* _TASK STATEMENT_: Every line of the records below that holds the word "ErrClosed" belongs in the answer.

[Collected data]
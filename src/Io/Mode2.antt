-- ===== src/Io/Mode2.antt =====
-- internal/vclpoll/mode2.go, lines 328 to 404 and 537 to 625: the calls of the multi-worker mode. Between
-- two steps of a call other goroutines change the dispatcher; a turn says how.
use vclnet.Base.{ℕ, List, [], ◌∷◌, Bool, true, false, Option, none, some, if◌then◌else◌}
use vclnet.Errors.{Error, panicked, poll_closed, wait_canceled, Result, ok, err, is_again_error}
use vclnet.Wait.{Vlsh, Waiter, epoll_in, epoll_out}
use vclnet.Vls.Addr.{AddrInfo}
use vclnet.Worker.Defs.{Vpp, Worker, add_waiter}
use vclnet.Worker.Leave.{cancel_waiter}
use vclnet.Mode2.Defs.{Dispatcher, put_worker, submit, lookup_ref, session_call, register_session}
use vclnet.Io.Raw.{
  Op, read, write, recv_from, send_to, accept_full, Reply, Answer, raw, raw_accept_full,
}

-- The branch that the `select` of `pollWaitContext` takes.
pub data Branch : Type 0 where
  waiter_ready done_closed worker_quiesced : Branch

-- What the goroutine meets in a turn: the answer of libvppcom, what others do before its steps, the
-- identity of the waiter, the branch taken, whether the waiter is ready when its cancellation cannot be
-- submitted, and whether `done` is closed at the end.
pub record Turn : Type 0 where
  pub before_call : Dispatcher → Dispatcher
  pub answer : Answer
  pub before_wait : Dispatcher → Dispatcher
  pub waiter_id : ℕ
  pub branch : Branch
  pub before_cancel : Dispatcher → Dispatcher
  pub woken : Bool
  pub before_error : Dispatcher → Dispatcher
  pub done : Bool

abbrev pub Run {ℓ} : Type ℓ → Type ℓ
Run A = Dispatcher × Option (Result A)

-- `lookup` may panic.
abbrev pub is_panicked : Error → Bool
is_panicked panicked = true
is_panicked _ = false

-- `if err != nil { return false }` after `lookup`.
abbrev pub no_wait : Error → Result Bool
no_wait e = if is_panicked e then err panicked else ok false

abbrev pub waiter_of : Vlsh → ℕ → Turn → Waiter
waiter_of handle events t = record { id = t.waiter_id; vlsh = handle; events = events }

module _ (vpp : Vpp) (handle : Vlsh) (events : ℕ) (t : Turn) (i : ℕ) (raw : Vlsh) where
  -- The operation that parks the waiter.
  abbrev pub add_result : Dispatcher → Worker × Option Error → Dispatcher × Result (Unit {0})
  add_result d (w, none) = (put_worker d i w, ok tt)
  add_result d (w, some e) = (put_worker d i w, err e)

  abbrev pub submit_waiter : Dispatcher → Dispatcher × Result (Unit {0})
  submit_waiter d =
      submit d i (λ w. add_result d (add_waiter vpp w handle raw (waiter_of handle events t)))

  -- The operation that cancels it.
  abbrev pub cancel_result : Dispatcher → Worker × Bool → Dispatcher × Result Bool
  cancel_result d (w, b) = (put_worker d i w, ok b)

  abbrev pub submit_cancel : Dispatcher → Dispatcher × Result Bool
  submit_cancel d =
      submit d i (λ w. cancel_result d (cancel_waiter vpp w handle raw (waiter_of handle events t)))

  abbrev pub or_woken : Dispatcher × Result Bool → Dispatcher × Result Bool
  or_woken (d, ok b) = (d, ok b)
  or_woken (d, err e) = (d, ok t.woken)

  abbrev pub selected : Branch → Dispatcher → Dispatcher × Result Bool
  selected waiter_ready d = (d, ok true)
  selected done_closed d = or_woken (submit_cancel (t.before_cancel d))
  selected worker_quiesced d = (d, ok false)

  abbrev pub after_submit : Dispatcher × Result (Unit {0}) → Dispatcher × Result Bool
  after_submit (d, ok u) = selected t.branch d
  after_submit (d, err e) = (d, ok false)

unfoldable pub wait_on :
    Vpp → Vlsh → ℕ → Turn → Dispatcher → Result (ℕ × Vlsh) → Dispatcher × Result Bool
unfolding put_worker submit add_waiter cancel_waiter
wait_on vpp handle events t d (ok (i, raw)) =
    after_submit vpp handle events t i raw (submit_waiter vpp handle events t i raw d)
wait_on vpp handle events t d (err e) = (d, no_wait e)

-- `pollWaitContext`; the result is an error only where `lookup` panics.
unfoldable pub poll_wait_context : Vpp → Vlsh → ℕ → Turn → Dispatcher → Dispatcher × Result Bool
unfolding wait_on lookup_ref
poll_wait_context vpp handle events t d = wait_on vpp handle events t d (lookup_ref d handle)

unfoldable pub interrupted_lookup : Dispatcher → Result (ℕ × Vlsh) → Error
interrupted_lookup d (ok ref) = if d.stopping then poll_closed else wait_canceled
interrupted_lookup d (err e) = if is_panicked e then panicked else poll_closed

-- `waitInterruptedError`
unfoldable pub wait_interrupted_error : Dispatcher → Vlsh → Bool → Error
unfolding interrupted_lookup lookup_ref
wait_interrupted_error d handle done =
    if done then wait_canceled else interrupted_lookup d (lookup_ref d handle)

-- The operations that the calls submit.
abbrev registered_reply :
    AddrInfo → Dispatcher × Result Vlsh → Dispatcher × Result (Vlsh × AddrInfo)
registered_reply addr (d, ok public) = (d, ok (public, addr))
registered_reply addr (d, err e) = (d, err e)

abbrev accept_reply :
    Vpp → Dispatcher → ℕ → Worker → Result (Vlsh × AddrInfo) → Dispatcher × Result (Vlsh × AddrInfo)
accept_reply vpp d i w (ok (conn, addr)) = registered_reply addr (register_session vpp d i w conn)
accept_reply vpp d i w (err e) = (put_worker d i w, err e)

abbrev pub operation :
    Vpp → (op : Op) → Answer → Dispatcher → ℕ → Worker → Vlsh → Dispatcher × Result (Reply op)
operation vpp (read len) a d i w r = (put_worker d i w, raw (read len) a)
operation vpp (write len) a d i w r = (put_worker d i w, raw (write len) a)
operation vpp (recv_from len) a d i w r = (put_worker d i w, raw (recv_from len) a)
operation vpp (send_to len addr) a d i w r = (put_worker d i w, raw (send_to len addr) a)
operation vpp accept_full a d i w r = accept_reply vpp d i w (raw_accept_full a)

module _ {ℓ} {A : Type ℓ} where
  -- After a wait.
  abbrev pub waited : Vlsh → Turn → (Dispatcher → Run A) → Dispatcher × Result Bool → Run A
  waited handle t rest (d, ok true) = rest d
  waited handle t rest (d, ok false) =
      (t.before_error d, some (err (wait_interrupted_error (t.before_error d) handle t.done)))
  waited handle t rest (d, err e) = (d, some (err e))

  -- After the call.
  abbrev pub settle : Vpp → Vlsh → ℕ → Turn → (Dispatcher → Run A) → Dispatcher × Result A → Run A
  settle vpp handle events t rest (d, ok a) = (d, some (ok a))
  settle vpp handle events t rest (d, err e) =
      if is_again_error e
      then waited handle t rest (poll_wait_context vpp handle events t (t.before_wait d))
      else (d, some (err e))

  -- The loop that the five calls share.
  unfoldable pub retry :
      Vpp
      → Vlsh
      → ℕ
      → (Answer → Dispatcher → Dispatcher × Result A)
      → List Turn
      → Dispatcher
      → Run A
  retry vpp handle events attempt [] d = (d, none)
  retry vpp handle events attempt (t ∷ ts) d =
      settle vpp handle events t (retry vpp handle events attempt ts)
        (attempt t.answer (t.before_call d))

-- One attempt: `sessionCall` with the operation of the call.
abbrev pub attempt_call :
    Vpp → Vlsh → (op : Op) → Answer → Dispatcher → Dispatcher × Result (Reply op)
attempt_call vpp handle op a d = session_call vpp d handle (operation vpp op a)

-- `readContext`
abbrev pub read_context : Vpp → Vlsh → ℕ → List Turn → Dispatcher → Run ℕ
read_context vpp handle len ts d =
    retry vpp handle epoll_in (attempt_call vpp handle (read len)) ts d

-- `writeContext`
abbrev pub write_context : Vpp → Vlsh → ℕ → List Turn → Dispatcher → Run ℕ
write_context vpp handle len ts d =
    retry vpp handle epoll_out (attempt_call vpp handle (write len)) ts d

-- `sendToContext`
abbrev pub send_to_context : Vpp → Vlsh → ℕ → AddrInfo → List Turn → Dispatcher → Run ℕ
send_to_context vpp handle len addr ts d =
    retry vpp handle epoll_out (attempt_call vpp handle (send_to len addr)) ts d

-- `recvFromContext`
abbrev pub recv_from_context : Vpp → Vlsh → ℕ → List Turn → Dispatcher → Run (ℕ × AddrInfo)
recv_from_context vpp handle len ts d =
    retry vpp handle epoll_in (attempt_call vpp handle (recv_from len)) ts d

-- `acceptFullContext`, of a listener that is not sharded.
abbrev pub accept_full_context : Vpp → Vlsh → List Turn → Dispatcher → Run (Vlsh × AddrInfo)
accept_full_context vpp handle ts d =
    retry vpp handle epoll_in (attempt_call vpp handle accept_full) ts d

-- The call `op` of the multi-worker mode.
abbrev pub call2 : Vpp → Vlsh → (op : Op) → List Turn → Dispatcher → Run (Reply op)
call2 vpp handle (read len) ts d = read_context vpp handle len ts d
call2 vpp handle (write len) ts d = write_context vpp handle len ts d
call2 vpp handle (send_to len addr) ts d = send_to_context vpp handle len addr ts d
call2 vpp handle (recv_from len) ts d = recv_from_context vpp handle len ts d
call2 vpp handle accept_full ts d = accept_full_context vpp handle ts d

==

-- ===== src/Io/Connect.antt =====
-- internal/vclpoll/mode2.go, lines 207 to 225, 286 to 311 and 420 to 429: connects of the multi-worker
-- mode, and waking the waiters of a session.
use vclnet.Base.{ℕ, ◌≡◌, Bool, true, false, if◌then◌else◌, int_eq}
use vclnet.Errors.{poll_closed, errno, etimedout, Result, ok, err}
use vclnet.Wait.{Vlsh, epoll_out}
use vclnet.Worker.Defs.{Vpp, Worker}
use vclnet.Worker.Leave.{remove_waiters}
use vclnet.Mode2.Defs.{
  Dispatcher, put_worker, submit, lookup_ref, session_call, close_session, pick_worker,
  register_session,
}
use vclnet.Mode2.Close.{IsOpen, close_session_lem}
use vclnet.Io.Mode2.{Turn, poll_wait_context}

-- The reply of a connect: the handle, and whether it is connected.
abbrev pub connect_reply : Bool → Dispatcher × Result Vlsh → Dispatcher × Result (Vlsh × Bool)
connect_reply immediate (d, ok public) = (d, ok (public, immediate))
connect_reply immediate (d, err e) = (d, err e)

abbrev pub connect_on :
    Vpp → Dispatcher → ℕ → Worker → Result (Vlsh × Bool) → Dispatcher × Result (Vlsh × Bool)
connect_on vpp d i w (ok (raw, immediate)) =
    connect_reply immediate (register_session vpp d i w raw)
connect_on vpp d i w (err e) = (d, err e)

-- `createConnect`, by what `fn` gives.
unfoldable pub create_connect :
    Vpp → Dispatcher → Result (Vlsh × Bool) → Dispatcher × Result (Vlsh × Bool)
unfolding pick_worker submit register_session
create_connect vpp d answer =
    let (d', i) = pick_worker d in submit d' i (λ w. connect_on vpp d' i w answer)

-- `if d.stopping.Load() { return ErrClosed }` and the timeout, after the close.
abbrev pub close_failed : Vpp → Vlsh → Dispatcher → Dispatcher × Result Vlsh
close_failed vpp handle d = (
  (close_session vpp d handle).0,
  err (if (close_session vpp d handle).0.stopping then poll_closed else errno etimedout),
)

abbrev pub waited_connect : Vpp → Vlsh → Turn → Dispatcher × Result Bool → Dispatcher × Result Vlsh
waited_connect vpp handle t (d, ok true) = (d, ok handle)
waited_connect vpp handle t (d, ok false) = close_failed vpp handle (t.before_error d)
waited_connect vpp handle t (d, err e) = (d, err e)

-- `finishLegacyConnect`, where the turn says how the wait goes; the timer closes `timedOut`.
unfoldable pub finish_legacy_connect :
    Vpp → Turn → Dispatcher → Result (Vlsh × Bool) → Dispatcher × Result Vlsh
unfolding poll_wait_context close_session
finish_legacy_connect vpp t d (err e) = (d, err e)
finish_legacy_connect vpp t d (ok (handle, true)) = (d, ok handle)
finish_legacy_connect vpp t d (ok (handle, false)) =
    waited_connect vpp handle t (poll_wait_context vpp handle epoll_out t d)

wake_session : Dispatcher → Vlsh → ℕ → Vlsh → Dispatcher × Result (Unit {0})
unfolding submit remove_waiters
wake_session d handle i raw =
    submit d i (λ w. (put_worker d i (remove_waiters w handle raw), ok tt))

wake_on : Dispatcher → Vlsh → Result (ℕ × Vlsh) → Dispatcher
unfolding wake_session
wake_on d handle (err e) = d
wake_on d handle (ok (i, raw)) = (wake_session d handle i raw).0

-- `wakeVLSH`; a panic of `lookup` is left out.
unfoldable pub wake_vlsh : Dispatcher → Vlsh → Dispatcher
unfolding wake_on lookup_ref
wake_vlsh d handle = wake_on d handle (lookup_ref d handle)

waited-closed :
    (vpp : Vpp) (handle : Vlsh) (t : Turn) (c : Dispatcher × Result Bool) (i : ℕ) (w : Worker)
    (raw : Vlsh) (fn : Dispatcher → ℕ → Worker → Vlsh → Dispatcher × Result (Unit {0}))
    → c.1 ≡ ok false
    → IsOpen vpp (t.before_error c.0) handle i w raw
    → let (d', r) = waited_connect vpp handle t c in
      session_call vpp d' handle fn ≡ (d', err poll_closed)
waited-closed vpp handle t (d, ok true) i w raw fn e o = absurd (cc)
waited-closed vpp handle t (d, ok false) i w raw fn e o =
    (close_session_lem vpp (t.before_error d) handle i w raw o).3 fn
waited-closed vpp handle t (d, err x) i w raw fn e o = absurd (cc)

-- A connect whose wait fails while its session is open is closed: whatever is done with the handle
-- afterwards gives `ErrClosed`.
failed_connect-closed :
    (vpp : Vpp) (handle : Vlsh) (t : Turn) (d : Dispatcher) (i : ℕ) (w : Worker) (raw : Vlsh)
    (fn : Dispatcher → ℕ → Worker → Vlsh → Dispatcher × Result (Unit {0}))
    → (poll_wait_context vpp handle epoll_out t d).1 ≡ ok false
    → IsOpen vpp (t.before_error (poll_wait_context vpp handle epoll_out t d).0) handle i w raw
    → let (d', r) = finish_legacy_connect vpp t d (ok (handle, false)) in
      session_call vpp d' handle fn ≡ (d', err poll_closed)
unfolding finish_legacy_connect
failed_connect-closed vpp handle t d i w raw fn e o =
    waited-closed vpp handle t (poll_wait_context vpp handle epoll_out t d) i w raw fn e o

...

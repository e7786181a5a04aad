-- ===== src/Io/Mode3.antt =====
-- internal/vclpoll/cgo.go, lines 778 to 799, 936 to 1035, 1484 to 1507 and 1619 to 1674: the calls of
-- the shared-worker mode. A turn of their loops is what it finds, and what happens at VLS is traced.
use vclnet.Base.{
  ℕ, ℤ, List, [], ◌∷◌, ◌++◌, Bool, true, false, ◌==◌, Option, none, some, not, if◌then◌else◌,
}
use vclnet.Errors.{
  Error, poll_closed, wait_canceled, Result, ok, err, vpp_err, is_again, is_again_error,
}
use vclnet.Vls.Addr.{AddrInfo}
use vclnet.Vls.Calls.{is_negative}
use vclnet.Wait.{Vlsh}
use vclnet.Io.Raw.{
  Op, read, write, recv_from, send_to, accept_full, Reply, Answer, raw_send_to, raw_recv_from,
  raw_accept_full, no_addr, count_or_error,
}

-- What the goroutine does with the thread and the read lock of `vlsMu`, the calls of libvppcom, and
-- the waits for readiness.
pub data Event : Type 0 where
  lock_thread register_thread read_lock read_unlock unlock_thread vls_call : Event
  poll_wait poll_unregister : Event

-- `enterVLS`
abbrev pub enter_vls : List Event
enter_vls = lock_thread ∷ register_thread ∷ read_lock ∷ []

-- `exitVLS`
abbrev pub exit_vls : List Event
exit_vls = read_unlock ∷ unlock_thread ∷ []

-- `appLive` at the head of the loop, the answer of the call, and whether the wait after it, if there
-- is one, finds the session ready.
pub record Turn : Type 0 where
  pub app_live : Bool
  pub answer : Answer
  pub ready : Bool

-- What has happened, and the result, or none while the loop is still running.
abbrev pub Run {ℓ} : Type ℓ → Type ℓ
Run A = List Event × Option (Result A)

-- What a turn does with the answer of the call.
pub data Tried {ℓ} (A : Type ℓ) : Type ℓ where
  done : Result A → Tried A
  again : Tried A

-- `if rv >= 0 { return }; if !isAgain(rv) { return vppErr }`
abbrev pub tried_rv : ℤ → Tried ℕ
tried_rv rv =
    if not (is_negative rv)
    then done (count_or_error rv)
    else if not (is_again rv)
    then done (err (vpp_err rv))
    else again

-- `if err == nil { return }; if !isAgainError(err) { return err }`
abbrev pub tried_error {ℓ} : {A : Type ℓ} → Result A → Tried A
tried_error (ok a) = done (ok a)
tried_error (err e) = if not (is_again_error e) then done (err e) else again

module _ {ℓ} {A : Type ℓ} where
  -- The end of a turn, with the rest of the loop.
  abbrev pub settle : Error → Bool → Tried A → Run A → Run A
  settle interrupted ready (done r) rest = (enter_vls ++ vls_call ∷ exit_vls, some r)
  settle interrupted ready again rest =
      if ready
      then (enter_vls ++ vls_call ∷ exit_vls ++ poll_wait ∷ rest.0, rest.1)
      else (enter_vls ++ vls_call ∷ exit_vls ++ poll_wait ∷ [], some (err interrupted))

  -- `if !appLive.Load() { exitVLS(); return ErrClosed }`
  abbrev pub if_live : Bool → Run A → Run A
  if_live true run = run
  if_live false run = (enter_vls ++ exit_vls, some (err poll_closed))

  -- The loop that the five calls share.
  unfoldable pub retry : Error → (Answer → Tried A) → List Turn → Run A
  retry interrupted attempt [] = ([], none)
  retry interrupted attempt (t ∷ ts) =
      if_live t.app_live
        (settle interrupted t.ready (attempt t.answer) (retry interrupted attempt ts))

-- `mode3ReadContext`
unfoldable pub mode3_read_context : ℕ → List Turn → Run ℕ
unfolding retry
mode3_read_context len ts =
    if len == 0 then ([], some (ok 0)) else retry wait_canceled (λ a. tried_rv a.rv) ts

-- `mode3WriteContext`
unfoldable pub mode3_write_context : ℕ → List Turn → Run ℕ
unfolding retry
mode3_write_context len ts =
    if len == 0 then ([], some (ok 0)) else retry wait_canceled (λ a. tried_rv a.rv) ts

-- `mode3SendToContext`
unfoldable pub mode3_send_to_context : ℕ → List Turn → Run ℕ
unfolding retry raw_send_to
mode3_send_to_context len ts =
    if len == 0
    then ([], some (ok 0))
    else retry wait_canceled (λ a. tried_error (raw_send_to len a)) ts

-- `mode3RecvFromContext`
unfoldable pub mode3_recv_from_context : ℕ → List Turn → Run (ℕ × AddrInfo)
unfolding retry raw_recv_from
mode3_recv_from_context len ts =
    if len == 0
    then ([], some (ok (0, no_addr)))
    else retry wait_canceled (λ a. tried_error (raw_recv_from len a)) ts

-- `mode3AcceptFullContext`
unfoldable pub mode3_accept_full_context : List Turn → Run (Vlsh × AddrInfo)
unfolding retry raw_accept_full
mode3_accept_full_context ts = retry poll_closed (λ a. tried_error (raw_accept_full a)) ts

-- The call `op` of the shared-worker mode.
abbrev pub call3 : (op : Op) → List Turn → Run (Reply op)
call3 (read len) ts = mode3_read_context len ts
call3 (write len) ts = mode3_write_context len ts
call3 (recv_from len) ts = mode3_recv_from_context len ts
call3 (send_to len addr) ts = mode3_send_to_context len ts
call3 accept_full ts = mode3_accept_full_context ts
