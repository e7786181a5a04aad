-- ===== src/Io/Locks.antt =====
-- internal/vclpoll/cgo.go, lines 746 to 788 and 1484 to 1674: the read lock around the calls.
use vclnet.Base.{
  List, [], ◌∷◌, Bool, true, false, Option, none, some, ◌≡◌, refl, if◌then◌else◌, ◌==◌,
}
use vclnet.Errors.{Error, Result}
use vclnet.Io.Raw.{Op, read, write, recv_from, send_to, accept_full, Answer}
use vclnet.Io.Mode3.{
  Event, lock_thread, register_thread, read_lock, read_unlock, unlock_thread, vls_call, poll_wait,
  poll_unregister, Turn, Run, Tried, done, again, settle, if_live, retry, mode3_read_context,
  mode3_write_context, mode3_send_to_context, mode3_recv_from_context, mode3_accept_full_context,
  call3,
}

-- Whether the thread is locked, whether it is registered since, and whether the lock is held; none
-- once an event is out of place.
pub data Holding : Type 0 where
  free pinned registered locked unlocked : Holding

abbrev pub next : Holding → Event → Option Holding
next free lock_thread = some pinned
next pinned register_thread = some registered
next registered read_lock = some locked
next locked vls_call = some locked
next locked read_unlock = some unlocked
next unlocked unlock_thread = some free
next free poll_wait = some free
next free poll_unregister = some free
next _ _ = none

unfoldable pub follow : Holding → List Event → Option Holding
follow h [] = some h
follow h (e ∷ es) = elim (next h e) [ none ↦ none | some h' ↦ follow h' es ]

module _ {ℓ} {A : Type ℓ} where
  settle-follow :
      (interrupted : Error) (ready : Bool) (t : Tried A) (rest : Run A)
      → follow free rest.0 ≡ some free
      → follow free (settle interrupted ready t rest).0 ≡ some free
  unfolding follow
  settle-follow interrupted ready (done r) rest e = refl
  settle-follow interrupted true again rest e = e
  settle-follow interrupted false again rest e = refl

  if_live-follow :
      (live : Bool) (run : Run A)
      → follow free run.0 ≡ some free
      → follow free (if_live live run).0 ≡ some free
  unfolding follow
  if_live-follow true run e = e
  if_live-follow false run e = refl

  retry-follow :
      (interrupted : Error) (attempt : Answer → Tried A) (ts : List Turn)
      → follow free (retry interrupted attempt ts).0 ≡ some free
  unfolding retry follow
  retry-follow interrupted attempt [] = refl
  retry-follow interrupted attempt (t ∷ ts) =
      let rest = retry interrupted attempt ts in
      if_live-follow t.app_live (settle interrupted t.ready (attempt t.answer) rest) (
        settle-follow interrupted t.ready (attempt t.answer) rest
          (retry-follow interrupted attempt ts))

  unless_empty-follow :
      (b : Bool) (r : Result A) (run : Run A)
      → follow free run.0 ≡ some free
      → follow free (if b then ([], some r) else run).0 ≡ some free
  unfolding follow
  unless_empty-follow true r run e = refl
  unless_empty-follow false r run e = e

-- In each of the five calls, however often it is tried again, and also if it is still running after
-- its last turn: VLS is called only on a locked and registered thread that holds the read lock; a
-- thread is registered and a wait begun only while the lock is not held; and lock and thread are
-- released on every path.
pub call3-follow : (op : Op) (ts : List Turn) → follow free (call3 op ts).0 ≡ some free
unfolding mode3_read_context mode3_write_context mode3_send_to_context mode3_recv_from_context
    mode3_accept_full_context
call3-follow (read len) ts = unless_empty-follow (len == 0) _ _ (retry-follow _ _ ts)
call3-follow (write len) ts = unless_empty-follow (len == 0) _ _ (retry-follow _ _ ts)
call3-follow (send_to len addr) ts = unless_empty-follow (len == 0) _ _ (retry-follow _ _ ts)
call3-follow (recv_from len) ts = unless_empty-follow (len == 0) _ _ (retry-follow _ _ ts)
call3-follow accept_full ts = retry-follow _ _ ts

* _ANSWER SPACE_:
-- `if d.stopping.Load() { return ErrClosed }` and the timeout, after the close.
-- afterwards gives `ErrClosed`.
  -- `if !appLive.Load() { exitVLS(); return ErrClosed }`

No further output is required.